What you need to do: Lines in the material below that include "SemanticState" need to be tallied; give the total alone.

Exercise material:
━━━
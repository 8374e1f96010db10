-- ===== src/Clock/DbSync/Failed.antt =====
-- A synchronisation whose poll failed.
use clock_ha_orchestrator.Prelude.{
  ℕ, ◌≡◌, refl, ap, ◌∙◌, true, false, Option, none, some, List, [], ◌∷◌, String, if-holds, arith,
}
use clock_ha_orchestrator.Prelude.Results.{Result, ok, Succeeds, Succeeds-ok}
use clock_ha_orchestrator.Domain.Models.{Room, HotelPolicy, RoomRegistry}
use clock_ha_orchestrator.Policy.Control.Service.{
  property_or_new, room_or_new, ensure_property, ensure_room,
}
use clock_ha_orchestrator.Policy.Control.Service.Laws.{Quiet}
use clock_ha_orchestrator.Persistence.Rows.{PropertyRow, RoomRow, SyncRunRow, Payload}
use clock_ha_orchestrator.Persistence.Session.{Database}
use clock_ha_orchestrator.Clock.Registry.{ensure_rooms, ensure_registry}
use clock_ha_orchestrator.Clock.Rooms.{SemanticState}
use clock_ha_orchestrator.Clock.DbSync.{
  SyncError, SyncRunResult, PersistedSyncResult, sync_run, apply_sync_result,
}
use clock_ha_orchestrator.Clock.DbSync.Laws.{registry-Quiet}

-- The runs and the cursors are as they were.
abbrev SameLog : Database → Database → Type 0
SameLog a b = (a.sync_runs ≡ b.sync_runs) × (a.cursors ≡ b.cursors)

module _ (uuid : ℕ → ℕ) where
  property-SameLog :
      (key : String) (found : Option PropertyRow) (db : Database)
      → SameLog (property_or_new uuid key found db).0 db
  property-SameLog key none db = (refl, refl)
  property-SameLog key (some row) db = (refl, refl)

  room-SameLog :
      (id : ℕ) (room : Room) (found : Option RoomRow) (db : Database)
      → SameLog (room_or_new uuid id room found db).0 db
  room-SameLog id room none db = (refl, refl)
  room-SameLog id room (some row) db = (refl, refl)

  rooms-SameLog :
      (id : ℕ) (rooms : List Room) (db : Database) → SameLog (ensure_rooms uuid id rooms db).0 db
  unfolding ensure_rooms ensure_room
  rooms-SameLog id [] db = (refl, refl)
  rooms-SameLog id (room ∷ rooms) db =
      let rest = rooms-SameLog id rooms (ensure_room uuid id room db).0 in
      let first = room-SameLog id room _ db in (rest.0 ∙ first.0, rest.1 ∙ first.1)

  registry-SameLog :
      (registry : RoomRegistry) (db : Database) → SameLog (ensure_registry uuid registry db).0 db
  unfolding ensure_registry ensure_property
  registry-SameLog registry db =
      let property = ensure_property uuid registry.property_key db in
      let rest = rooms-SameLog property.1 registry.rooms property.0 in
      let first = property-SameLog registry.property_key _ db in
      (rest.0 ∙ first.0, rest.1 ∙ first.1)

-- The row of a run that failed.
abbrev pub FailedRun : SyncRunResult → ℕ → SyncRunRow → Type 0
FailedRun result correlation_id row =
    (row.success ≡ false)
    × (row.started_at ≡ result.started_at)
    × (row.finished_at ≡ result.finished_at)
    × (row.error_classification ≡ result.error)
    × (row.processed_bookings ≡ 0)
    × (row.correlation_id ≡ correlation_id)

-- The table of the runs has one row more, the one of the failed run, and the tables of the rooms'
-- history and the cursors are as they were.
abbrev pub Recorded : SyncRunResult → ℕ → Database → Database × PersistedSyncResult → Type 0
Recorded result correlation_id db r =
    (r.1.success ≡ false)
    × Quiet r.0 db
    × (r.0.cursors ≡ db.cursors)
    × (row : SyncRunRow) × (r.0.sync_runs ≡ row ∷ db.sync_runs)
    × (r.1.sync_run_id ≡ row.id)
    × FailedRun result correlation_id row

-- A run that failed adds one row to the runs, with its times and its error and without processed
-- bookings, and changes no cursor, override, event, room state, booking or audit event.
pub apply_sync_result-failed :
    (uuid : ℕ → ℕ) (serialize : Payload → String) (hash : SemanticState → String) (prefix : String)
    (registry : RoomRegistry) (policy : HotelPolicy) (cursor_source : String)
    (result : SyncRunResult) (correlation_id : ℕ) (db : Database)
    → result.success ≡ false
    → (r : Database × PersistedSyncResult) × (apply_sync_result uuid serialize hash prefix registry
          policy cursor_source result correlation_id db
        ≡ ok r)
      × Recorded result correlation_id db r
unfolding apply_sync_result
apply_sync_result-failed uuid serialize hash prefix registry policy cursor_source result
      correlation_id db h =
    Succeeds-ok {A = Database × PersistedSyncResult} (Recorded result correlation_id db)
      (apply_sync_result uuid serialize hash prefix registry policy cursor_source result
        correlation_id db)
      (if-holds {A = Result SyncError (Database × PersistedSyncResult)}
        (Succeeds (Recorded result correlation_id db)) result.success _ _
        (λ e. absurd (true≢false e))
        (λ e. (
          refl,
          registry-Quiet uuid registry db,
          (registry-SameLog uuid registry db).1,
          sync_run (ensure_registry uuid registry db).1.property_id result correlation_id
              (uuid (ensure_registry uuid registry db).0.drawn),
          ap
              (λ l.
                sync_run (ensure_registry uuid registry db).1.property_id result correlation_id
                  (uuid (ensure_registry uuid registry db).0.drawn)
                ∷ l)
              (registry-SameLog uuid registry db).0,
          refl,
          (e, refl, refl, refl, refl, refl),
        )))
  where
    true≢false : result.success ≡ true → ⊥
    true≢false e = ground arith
━━━
Written response: 2